● **PROMPT**
The required output is the lines below from the line containing "dil3_sig_read = ps.1;" to the line containing "pub load_pq-save_pq : (S", inclusive, retyped exactly. No other lines belong in it.

** Opening DATA SHOWN block **

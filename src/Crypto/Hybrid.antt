-- ===== src/Crypto/Hybrid.antt =====
-- The claim of a provider that is signed with both schemes, crates/nm-crypto/src/hybrid_attestation.rs.
-- The JSON text of a claim comes from a library: the parameter `json`. The time and the random nonce of a
-- new claim are arguments, and so is the time of a verification.
pub mod Accepted
pub mod Created
pub mod Binding
pub mod Age
use Prim.Native.String.{String}
use neuralmesh.Common.{◌&&◌, List, ℕ, false, [], ◌++◌, ◌∷◌, true, Bool, ◌==◌, length}
use neuralmesh.Crypto.{
  pq_from_hex, decode, PqKeypair, Schemes, ed_from_hex, Result, commitment_mismatch, ◌>>=◌,
  wrong_length, pq_detached, ed_verify, pq_verify, ◌>>◌, ensure, ok,
}
use neuralmesh.Crypto.Attestation.{MacChipInfo, ensure_fresh}

pub record HybridClaim : Type 0 where
  pub ed25519_pubkey : String
  pub dilithium3_pubkey : String
  pub job_id : String
  pub chip : MacChipInfo
  pub gpu_vendor : String
  pub gpu_model : String
  pub nonce : ℕ
  pub timestamp : ℕ
  pub version : ℕ

pub record HybridAttestation : Type 0 where
  pub claim : HybridClaim
  pub ed25519_sig : String
  pub dilithium3_sig : String
  pub on_chain_commitment : String

-- `==` on two slices of bytes.
abbrev pub same_bytes : List ℕ → List ℕ → Bool
same_bytes [] [] = true
same_bytes [] (y ∷ ys) = false
same_bytes (x ∷ xs) [] = false
same_bytes (x ∷ xs) (y ∷ ys) = (x == y) && same_bytes xs ys

module _ (S : Schemes) (json : HybridClaim → List ℕ) where
  unfoldable pub signing_bytes : HybridClaim → List ℕ
  signing_bytes claim = S.blake3 (json claim)

  unfoldable pub on_chain_commitment : List ℕ → List ℕ → List ℕ → List ℕ
  on_chain_commitment signing ed_sig dil3_sig = S.blake3 (signing ++ (ed_sig ++ dil3_sig))

  -- `HybridClaim::new`
  unfoldable pub new_claim :
      List ℕ → PqKeypair → String → MacChipInfo → String → String → ℕ → ℕ → HybridClaim
  new_claim seed pq job_id chip gpu_vendor gpu_model nonce now = record {
    ed25519_pubkey = S.hex_encode (S.ed_public seed);
    dilithium3_pubkey = S.hex_encode pq.pub_key;
    job_id = job_id;
    chip = chip;
    gpu_vendor = gpu_vendor;
    gpu_model = gpu_model;
    nonce = nonce;
    timestamp = now;
    version = 1;
  }

  -- `HybridAttestation::create` of a new claim.
  unfoldable pub create : List ℕ → PqKeypair → HybridClaim → HybridAttestation
  create seed pq claim =
      let signing = signing_bytes claim in
      let ed_sig = S.ed_sign seed signing in
      let dil3_sig = pq_detached S pq signing in
      record {
        claim = claim;
        ed25519_sig = S.hex_encode ed_sig;
        dilithium3_sig = S.hex_encode dil3_sig;
        on_chain_commitment = S.hex_encode (on_chain_commitment signing ed_sig dil3_sig);
      }

  unfoldable pub verify : HybridAttestation → ℕ → Result (Unit {0})
  verify a now = do
    ed_pubkey ← ed_from_hex S a.claim.ed25519_pubkey
    ed_sig ← decode S a.ed25519_sig
    ed_verify S ed_pubkey (signing_bytes a.claim) ed_sig
    pq_pubkey ← pq_from_hex S a.claim.dilithium3_pubkey
    dil3_sig ← decode S a.dilithium3_sig
    pq_verify S pq_pubkey (signing_bytes a.claim) dil3_sig
    stored ← decode S a.on_chain_commitment
    ensure (same_bytes (on_chain_commitment (signing_bytes a.claim) ed_sig dil3_sig) stored)
        commitment_mismatch
    ensure_fresh now a.claim.timestamp

  unfoldable pub commitment_bytes : HybridAttestation → Result (List ℕ)
  commitment_bytes a = do
    bytes ← decode S a.on_chain_commitment
    ensure (length bytes == 32) wrong_length
    ok bytes
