-- ===== src/Crypto/Hybrid/Accepted.antt =====
-- What the steps of a verification have found when it succeeds.
use neuralmesh.Common.{
  List, ℕ, ◌≡◌, refl, ◌∷◌, false, Bool, true, [], eqb_refl, ◌&&◌, ◌==◌, eqb→eq, arith,
}
use neuralmesh.Crypto.{
  Result, Schemes, ok, err, commitment_mismatch, pq_verify, pq_from_hex, ed_verify, ed_from_hex,
  CryptoError, ensure, ◌>>=◌, decode,
}
use neuralmesh.Crypto.Attestation.{ensure_fresh}
use neuralmesh.Crypto.Hybrid.{
  HybridClaim, same_bytes, signing_bytes, on_chain_commitment, verify, HybridAttestation,
}

-- The values that the steps of `verify` name, and that each step succeeds.
pub record IsAccepted (S : Schemes) (json : HybridClaim → List ℕ) (a : HybridAttestation) (now : ℕ)
    : Type 0 where
  pub ed_key : List ℕ
  pub ed_sig : List ℕ
  pub pq_key : List ℕ
  pub dil3_sig : List ℕ
  pub stored : List ℕ
  pub ed_key_read : ed_from_hex S a.claim.ed25519_pubkey ≡ ok ed_key
  pub ed_sig_read : decode S a.ed25519_sig ≡ ok ed_sig
  pub ed_verified : ed_verify S ed_key (signing_bytes S json a.claim) ed_sig ≡ ok tt
  pub pq_key_read : pq_from_hex S a.claim.dilithium3_pubkey ≡ ok pq_key
  pub dil3_sig_read : decode S a.dilithium3_sig ≡ ok dil3_sig
  pub pq_verified : pq_verify S pq_key (signing_bytes S json a.claim) dil3_sig ≡ ok tt
  pub stored_read : decode S a.on_chain_commitment ≡ ok stored
  pub commits :
      same_bytes (on_chain_commitment S json (signing_bytes S json a.claim) ed_sig dil3_sig) stored
      ≡ true
  pub is_fresh : ensure_fresh now a.claim.timestamp ≡ ok tt

pub bind-ok :
    {A B : Type 0} (r : Result A) (f : A → Result B) {b : B}
    → (r >>= f) ≡ ok b
    → (a : A) × (r ≡ ok a) × (f a ≡ ok b)
bind-ok (ok a) f e = (a, refl, e)
bind-ok (err x) f e = ground arith

pub ensure-ok : (b : Bool) (e : CryptoError) {u : Unit {0}} → ensure b e ≡ ok u → b ≡ true
ensure-ok true e h = refl
ensure-ok false e h = ground arith

and_true : (a b : Bool) → (a && b) ≡ true → (a ≡ true) × (b ≡ true)
and_true true b h = (refl, h)
and_true false b h = ground arith

pub same_bytes→eq : (xs ys : List ℕ) → same_bytes xs ys ≡ true → xs ≡ ys
same_bytes→eq [] [] h = refl
same_bytes→eq [] (y ∷ ys) h = ground arith
same_bytes→eq (x ∷ xs) [] h = ground arith
same_bytes→eq (x ∷ xs) (y ∷ ys) h =
    let both = and_true (x == y) (same_bytes xs ys) h in
    rw (eqb→eq x y both.0, same_bytes→eq xs ys both.1) refl

pub same_bytes_refl : (xs : List ℕ) → same_bytes xs xs ≡ true
same_bytes_refl [] = refl
same_bytes_refl (x ∷ xs) = rw (eqb_refl x) (same_bytes_refl xs)

pub verify-IsAccepted :
    (S : Schemes) (json : HybridClaim → List ℕ) (a : HybridAttestation) (now : ℕ)
    → verify S json a now ≡ ok tt
    → IsAccepted S json a now
unfolding verify
verify-IsAccepted S json a now h =
    let k = bind-ok (ed_from_hex S a.claim.ed25519_pubkey) _ h in
    let s = bind-ok (decode S a.ed25519_sig) _ k.2 in
    let v = bind-ok (ed_verify S k.0 (signing_bytes S json a.claim) s.0) _ s.2 in
    let pk = bind-ok (pq_from_hex S a.claim.dilithium3_pubkey) _ v.2 in
    let ps = bind-ok (decode S a.dilithium3_sig) _ pk.2 in
    let pv = bind-ok (pq_verify S pk.0 (signing_bytes S json a.claim) ps.0) _ ps.2 in
    let c = bind-ok (decode S a.on_chain_commitment) _ pv.2 in
    let m =
      bind-ok
        (ensure
          (same_bytes (on_chain_commitment S json (signing_bytes S json a.claim) s.0 ps.0) c.0)
          commitment_mismatch)
        _ c.2 in
    record {
      ed_key = k.0;
      ed_sig = s.0;
      pq_key = pk.0;
      dil3_sig = ps.0;
      stored = c.0;
      ed_key_read = k.1;
      ed_sig_read = s.1;
      ed_verified = v.1;
      pq_key_read = pk.1;
      dil3_sig_read = ps.1;
      pq_verified = pv.1;
      stored_read = c.1;
      commits = ensure-ok _ commitment_mismatch m.1;
      is_fresh = m.2;
    }
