-- ===== src/Crypto/Keys.antt =====
-- Keys that are saved and loaded, and signatures that are taken apart and put together.
use neuralmesh.Common.{
  List, ℕ, ◌≡◌, refl, ◌++◌, arith, ◌-◌, ◌∙◌, ◌+◌, some, subst, eqb_refl, length-append, take-append,
  drop-past, drop, take, length,
}
use neuralmesh.Crypto.{
  IsCorrect, ed_verify, pq_detached, IsPair, pq_verify, PqKeypair, ok, Schemes, load_pq, save_pq,
}

pub drop-append : (xs ys : List ℕ) → drop (length xs) (xs ++ ys) ≡ ys
drop-append xs ys = subst (λ n. drop n (xs ++ ys) ≡ ys) (sum_zero (length xs)) (drop-past xs ys 0)
  where
    sum_zero : (n : ℕ) → n + 0 ≡ n
    sum_zero n = omega arith

sum_eq : {a b c d : ℕ} → a ≡ b → c ≡ d → a + c ≡ b + d
sum_eq e f = omega (arith, e, f)

-- A pair of keys that is saved is loaded again.
pub load_pq-save_pq : (S : Schemes) (k : PqKeypair) → IsPair S k → load_pq S (save_pq S k) ≡ ok k
unfolding load_pq save_pq
load_pq-save_pq S k pair =
    let whole : length (k.pub_key ++ k.sec_key) ≡ S.public_key_bytes + S.secret_key_bytes =
      length-append k.pub_key k.sec_key ∙ sum_eq pair.length_public pair.length_secret in
    let first : take S.public_key_bytes (k.pub_key ++ k.sec_key) ≡ k.pub_key =
      subst (λ n. take n (k.pub_key ++ k.sec_key) ≡ k.pub_key) pair.length_public
        (take-append k.pub_key k.sec_key) in
    let rest : drop S.public_key_bytes (k.pub_key ++ k.sec_key) ≡ k.sec_key =
      subst (λ n. drop n (k.pub_key ++ k.sec_key) ≡ k.sec_key) pair.length_public
        (drop-append k.pub_key k.sec_key) in
    rw
      (
        whole,
        eqb_refl (S.public_key_bytes + S.secret_key_bytes),
        first,
        rest,
        pair.public_valid,
        pair.secret_valid,
      )
      refl

-- The signature that is taken off a signed message is that of the pair.
pub detached-signature :
    (S : Schemes) (k : PqKeypair) (m : List ℕ) (pair : IsPair S k)
    → pq_detached S k m ≡ (pair.signature_first m).0
unfolding pq_detached
detached-signature S k m pair =
    let sig = (pair.signature_first m).0 in
    let signed : S.pq_sign m k.sec_key ≡ sig ++ m = (pair.signature_first m).1 in
    let rest : length (sig ++ m) - length m ≡ length sig = omega (arith, length-append sig m) in
    rw (signed, rest) (take-append sig m)

-- The detached signature of a pair is accepted under its public key.
pub pq_verify-pq_detached :
    (S : Schemes) (k : PqKeypair) (m : List ℕ)
    → IsPair S k
    → pq_verify S k.pub_key m (pq_detached S k m) ≡ ok tt
unfolding pq_verify
pq_verify-pq_detached S k m pair =
    let first = pair.signature_first m in
    let size : length first.0 ≡ S.signature_bytes = first.2 in
    let opens : S.pq_open (first.0 ++ m) k.pub_key ≡ some m =
      subst (λ s. S.pq_open s k.pub_key ≡ some m) first.1 (pair.opened m) in
    rw (detached-signature S k m pair, size, eqb_refl S.signature_bytes, opens) refl

pub ed_verify-ed_sign :
    (S : Schemes) (seed m : List ℕ)
    → IsCorrect S
    → ed_verify S (S.ed_public seed) m (S.ed_sign seed m) ≡ ok tt
unfolding ed_verify
ed_verify-ed_sign S seed m laws = rw (laws.length_ed_sign seed m, laws.ed_sign_accepted seed m) refl
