-- ===== src/Crypto/Hybrid/Created.antt =====
-- A verification of an attestation that `create` has signed.
use Prim.Native.String.{String}
use neuralmesh.Common.{List, ℕ, ◌≡◌, refl, ◌+◌, if◌then◌else◌, leb, arith}
use neuralmesh.Crypto.{
  Schemes, IsPair, pq_from_hex, ok, IsCorrect, pq_detached, err, stale, ed_from_hex, PqKeypair,
}
use neuralmesh.Crypto.Attestation.{MacChipInfo, ensure_fresh}
use neuralmesh.Crypto.Hybrid.{
  signing_bytes, on_chain_commitment, create, verify, new_claim, HybridClaim,
}
use neuralmesh.Crypto.Hybrid.Accepted.{same_bytes_refl}
use neuralmesh.Crypto.Keys.{pq_verify-pq_detached, ed_verify-ed_sign}

pub ed_from_hex-public :
    (S : Schemes) (seed : List ℕ)
    → IsCorrect S
    → ed_from_hex S (S.hex_encode (S.ed_public seed)) ≡ ok (S.ed_public seed)
unfolding ed_from_hex
ed_from_hex-public S seed laws =
    rw
      (laws.decode_encode (S.ed_public seed), laws.length_ed_public seed, laws.ed_public_valid seed)
      refl

pub pq_from_hex-public :
    (S : Schemes) (k : PqKeypair)
    → IsCorrect S
    → IsPair S k
    → pq_from_hex S (S.hex_encode k.pub_key) ≡ ok k.pub_key
unfolding pq_from_hex
pq_from_hex-public S k laws pair = rw (laws.decode_encode k.pub_key, pair.public_valid) refl

pub ensure_fresh_lem :
    (now timestamp : ℕ)
    → ensure_fresh now timestamp ≡ (if leb now (timestamp + 300) then ok tt else err stale)
unfolding ensure_fresh
ensure_fresh_lem now timestamp = ground arith

-- An attestation that a node has created with a new claim, under a pair of keys of each scheme, is
-- accepted at every time up to five minutes after its creation, and is stale from then on.
pub verify-create :
    (S : Schemes) (json : HybridClaim → List ℕ) (seed : List ℕ) (pq : PqKeypair) (job_id : String)
    (chip : MacChipInfo) (gpu_vendor gpu_model : String) (nonce created now : ℕ)
    → IsCorrect S
    → IsPair S pq
    → verify S json
        (create S json seed pq
          (new_claim S json seed pq job_id chip gpu_vendor gpu_model nonce created))
        now
      ≡ (if leb now (created + 300) then ok tt else err stale)
unfolding verify create new_claim
verify-create S json seed pq job_id chip gpu_vendor gpu_model nonce created now laws pair =
    let a =
      create S json seed pq
        (new_claim S json seed pq job_id chip gpu_vendor gpu_model nonce created) in
    let signing = signing_bytes S json a.claim in
    let ed_sig = S.ed_sign seed signing in
    let dil3_sig = pq_detached S pq signing in
    let commitment = on_chain_commitment S json signing ed_sig dil3_sig in
    rw
      (
        ed_from_hex-public S seed laws,
        laws.decode_encode ed_sig,
        ed_verify-ed_sign S seed signing laws,
        pq_from_hex-public S pq laws pair,
        laws.decode_encode dil3_sig,
        pq_verify-pq_detached S pq signing pair,
        laws.decode_encode commitment,
        same_bytes_refl commitment,
      )
      (ensure_fresh_lem now created)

** Closing DATA SHOWN block **

● **ANSWER FOR THIS EXERCISE**
      dil3_sig_read = ps.1;
      pq_verified = pv.1;
      stored_read = c.1;
      commits = ensure-ok _ commitment_mismatch m.1;
      is_fresh = m.2;
    }
-- ===== src/Crypto/Keys.antt =====
-- Keys that are saved and loaded, and signatures that are taken apart and put together.
use neuralmesh.Common.{
  List, ℕ, ◌≡◌, refl, ◌++◌, arith, ◌-◌, ◌∙◌, ◌+◌, some, subst, eqb_refl, length-append, take-append,
  drop-past, drop, take, length,
}
use neuralmesh.Crypto.{
  IsCorrect, ed_verify, pq_detached, IsPair, pq_verify, PqKeypair, ok, Schemes, load_pq, save_pq,
}

pub drop-append : (xs ys : List ℕ) → drop (length xs) (xs ++ ys) ≡ ys
drop-append xs ys = subst (λ n. drop n (xs ++ ys) ≡ ys) (sum_zero (length xs)) (drop-past xs ys 0)
  where
    sum_zero : (n : ℕ) → n + 0 ≡ n
    sum_zero n = omega arith

sum_eq : {a b c d : ℕ} → a ≡ b → c ≡ d → a + c ≡ b + d
sum_eq e f = omega (arith, e, f)

-- A pair of keys that is saved is loaded again.
pub load_pq-save_pq : (S : Schemes) (k : PqKeypair) → IsPair S k → load_pq S (save_pq S k) ≡ ok k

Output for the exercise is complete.